WORK ITEM
Nothing below is to be printed except the lines between the line holding "downstream_close_request : DownstreamCloseRequest" and the line holding "downstream_chunk_ack : DownstreamChunkAck", inclusive, each exactly as it appears.

INFORMATION GIVEN
▽
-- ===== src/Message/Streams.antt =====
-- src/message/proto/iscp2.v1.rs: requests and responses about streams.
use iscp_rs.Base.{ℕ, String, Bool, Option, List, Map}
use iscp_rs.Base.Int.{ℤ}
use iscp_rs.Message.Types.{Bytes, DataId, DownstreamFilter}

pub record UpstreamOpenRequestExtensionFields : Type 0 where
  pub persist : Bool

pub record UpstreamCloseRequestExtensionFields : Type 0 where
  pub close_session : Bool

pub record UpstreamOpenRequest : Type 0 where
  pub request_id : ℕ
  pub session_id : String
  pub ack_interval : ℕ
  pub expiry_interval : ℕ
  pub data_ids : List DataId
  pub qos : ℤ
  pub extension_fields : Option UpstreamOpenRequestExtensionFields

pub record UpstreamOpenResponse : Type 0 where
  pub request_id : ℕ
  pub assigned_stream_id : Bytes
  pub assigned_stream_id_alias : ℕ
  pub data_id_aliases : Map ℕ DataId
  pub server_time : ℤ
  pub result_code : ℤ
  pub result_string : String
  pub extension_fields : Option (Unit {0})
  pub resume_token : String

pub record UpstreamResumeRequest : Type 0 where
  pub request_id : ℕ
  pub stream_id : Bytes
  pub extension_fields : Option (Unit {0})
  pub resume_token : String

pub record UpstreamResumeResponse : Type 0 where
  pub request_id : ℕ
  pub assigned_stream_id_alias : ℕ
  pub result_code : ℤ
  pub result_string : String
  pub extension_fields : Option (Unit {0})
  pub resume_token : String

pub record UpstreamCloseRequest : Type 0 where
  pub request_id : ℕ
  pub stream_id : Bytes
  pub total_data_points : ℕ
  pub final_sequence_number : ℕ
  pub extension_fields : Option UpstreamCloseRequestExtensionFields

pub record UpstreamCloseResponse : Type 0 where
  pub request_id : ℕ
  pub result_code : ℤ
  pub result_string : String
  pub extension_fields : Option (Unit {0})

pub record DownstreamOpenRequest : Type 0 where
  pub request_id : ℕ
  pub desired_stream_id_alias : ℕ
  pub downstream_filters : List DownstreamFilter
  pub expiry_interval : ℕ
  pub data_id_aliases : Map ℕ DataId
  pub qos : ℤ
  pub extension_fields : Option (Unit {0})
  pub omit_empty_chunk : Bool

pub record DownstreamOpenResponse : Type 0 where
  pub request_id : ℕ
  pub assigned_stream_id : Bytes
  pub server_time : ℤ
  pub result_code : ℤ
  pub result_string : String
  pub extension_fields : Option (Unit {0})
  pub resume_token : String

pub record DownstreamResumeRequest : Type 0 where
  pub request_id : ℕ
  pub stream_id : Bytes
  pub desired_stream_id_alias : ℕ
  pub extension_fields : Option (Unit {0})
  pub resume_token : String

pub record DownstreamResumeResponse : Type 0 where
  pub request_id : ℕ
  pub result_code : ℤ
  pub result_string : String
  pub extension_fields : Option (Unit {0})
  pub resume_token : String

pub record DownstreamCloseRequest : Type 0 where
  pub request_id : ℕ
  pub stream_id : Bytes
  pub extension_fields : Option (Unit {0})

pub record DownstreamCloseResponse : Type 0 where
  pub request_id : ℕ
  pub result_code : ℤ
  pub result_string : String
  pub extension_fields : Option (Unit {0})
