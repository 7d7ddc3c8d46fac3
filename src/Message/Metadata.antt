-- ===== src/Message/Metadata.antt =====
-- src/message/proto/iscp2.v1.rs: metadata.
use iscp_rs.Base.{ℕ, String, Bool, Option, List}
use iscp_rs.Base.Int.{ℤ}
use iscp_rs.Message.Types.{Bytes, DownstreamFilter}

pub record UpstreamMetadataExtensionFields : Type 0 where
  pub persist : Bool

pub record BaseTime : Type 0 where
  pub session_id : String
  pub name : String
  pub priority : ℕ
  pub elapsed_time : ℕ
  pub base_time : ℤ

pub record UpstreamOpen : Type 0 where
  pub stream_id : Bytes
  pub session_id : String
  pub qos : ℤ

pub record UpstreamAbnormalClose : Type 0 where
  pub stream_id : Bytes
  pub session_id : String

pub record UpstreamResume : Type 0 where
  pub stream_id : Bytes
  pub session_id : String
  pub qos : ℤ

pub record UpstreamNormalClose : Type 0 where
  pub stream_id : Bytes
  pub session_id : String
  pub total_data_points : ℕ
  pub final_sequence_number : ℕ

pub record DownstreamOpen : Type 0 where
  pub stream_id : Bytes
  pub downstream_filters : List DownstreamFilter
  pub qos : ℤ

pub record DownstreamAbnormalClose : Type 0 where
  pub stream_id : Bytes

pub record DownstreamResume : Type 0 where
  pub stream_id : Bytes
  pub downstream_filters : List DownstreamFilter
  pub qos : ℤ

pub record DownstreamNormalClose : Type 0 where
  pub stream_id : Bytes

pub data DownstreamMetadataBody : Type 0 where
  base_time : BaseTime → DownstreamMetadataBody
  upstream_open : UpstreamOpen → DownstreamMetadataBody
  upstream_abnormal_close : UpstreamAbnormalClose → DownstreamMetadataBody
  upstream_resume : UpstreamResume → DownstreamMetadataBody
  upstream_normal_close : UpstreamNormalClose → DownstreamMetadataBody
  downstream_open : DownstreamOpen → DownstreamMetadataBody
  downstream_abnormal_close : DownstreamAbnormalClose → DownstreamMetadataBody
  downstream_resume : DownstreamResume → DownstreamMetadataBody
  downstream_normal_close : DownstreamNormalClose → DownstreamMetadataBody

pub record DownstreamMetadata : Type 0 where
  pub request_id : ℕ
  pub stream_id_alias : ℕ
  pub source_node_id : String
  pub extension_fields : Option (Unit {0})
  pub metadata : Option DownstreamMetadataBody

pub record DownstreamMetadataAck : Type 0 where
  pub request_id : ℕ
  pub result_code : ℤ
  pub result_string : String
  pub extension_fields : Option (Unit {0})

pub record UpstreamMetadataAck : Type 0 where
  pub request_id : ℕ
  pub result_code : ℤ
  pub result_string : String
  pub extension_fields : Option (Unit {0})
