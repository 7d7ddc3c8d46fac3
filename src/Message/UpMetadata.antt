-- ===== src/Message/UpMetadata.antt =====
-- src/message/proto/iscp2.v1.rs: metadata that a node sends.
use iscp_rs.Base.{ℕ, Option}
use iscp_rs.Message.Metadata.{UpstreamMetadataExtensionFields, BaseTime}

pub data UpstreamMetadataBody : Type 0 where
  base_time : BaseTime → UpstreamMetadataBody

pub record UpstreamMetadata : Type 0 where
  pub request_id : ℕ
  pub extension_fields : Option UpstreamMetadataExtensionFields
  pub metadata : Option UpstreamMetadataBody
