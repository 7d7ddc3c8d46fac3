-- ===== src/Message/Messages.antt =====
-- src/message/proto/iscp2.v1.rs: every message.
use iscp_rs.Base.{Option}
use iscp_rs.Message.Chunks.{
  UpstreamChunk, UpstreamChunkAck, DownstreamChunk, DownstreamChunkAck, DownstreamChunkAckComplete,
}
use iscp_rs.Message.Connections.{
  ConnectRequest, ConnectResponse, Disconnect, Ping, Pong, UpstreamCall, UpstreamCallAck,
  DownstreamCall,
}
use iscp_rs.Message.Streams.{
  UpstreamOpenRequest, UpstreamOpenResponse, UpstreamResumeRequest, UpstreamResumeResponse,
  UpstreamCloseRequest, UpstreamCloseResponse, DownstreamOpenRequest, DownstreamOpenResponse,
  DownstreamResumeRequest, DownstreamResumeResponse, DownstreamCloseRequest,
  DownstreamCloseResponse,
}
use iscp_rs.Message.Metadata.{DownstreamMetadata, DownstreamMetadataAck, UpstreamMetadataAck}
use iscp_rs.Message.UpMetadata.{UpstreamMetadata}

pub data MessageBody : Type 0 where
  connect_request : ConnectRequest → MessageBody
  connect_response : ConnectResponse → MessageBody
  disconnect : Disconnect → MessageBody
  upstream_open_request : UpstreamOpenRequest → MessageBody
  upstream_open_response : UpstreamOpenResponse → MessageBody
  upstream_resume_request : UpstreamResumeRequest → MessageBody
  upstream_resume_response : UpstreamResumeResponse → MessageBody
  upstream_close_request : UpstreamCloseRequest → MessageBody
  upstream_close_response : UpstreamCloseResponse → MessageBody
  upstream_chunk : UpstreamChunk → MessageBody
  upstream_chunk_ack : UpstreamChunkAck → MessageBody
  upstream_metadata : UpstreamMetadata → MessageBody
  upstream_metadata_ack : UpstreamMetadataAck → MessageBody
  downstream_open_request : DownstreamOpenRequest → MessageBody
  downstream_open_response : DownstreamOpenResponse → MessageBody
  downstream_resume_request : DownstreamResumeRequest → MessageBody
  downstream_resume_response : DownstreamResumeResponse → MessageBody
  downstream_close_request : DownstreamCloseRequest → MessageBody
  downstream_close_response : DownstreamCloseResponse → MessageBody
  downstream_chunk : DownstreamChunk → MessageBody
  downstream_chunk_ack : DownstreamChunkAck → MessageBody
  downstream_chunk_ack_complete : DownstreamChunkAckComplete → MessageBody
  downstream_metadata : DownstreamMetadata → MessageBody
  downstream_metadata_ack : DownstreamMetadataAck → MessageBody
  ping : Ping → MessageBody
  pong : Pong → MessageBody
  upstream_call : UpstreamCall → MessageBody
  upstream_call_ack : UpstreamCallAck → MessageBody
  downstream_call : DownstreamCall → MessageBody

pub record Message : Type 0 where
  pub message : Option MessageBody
△
RESULT OF THIS EXERCISE
  downstream_close_request : DownstreamCloseRequest → MessageBody
  downstream_close_response : DownstreamCloseResponse → MessageBody
  downstream_chunk : DownstreamChunk → MessageBody
  downstream_chunk_ack : DownstreamChunkAck → MessageBody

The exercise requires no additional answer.